▶ _Work to complete_
For each line in the material below that holds "record", copy that line.

== == ==

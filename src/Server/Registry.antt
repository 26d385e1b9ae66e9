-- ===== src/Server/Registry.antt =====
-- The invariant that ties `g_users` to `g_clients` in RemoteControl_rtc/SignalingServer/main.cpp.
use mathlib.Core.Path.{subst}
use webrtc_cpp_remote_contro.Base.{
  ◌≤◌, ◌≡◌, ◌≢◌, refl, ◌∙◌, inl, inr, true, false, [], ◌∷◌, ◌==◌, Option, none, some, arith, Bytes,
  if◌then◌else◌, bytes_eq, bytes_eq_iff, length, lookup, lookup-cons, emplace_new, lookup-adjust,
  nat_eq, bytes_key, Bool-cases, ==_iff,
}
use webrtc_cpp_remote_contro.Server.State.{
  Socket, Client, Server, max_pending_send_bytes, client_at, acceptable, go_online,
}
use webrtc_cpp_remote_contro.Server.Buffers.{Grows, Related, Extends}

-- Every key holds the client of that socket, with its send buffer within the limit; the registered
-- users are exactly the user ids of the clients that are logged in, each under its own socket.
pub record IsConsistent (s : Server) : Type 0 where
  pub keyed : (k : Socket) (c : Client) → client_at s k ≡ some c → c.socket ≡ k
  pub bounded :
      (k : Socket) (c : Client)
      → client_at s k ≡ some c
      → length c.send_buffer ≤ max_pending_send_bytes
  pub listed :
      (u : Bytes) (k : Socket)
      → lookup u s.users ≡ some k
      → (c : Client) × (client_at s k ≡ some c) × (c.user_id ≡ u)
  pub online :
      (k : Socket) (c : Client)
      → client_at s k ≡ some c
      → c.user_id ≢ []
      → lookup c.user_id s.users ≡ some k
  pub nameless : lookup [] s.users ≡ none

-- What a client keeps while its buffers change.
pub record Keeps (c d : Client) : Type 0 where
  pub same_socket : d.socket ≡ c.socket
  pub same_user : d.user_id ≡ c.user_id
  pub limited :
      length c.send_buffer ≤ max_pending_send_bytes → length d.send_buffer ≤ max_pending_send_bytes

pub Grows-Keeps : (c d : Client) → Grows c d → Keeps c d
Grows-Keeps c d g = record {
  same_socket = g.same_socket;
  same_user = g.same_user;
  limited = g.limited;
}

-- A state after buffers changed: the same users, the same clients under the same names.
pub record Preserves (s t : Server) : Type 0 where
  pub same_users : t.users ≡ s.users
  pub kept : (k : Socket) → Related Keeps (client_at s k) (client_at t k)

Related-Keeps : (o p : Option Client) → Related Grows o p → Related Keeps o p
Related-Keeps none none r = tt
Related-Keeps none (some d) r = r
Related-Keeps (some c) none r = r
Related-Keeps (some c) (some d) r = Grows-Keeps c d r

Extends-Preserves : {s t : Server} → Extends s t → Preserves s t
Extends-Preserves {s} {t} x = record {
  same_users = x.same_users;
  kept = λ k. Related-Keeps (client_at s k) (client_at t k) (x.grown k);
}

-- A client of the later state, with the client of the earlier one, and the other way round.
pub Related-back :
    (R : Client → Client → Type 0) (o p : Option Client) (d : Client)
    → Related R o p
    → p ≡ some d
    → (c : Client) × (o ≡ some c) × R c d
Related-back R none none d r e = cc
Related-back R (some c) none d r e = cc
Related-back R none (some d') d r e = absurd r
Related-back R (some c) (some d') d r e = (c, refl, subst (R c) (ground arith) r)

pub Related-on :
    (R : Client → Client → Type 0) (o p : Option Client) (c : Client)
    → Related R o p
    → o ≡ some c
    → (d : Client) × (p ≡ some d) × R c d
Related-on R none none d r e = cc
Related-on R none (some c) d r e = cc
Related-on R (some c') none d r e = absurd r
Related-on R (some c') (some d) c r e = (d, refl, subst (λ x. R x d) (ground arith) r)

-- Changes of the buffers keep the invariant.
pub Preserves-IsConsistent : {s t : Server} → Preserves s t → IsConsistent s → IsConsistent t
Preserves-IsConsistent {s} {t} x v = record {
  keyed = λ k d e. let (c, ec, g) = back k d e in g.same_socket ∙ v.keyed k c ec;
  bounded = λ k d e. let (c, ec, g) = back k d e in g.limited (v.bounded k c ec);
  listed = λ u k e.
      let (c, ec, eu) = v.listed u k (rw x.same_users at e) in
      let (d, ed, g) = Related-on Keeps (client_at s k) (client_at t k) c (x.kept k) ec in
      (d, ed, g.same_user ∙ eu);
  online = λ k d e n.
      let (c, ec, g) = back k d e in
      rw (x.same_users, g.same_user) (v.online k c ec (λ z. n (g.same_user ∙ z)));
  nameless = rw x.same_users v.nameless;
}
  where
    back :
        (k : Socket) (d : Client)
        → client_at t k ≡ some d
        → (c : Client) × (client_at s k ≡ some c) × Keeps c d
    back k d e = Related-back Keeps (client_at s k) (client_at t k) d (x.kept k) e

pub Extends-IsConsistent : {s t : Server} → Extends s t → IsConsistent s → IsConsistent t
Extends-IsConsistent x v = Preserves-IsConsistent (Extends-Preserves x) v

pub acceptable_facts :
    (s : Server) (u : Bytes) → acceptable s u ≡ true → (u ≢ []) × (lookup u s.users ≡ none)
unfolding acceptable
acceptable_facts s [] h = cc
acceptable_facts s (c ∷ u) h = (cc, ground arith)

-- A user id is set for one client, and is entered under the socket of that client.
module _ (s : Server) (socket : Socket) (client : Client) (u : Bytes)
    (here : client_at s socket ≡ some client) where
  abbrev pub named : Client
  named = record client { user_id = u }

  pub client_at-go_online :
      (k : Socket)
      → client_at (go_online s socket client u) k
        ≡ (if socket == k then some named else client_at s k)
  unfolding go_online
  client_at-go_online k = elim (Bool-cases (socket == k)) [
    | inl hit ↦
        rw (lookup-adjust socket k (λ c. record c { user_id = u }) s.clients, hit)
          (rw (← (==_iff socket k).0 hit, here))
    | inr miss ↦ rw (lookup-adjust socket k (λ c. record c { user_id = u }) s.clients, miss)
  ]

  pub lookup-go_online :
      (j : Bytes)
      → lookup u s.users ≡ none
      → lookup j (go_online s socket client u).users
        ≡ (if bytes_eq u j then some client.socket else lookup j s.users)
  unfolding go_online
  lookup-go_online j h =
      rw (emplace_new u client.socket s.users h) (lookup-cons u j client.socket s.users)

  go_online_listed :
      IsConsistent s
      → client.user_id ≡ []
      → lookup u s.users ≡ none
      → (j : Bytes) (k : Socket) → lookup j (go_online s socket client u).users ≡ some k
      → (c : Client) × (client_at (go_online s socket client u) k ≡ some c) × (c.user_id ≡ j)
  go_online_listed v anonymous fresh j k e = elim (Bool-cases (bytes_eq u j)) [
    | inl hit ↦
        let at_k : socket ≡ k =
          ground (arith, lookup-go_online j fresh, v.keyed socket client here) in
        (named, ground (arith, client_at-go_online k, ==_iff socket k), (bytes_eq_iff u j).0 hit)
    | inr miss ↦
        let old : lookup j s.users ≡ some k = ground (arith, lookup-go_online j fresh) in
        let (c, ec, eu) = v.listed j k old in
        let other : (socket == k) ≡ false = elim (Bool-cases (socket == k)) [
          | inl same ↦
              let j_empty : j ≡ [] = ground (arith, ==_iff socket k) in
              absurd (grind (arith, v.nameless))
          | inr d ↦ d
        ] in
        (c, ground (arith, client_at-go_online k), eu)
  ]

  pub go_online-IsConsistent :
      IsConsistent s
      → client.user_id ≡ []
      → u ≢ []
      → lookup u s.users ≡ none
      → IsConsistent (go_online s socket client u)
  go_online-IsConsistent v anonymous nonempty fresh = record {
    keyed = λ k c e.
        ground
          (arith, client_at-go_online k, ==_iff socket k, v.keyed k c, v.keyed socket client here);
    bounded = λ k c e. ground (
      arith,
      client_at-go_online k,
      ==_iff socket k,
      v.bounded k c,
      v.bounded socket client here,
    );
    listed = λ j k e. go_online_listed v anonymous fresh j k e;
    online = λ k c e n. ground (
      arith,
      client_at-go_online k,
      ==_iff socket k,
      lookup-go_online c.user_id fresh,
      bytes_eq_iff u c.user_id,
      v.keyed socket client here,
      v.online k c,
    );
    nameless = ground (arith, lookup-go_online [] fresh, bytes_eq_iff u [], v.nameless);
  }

== == ==

▶ _Answer to the exercise_
pub record IsConsistent (s : Server) : Type 0 where
pub record Keeps (c d : Client) : Type 0 where
Grows-Keeps c d g = record {
pub record Preserves (s t : Server) : Type 0 where
Extends-Preserves {s} {t} x = record {
Preserves-IsConsistent {s} {t} x v = record {
  named = record client { user_id = u }
        rw (lookup-adjust socket k (λ c. record c { user_id = u }) s.clients, hit)
    | inr miss ↦ rw (lookup-adjust socket k (λ c. record c { user_id = u }) s.clients, miss)
  go_online-IsConsistent v anonymous nonempty fresh = record {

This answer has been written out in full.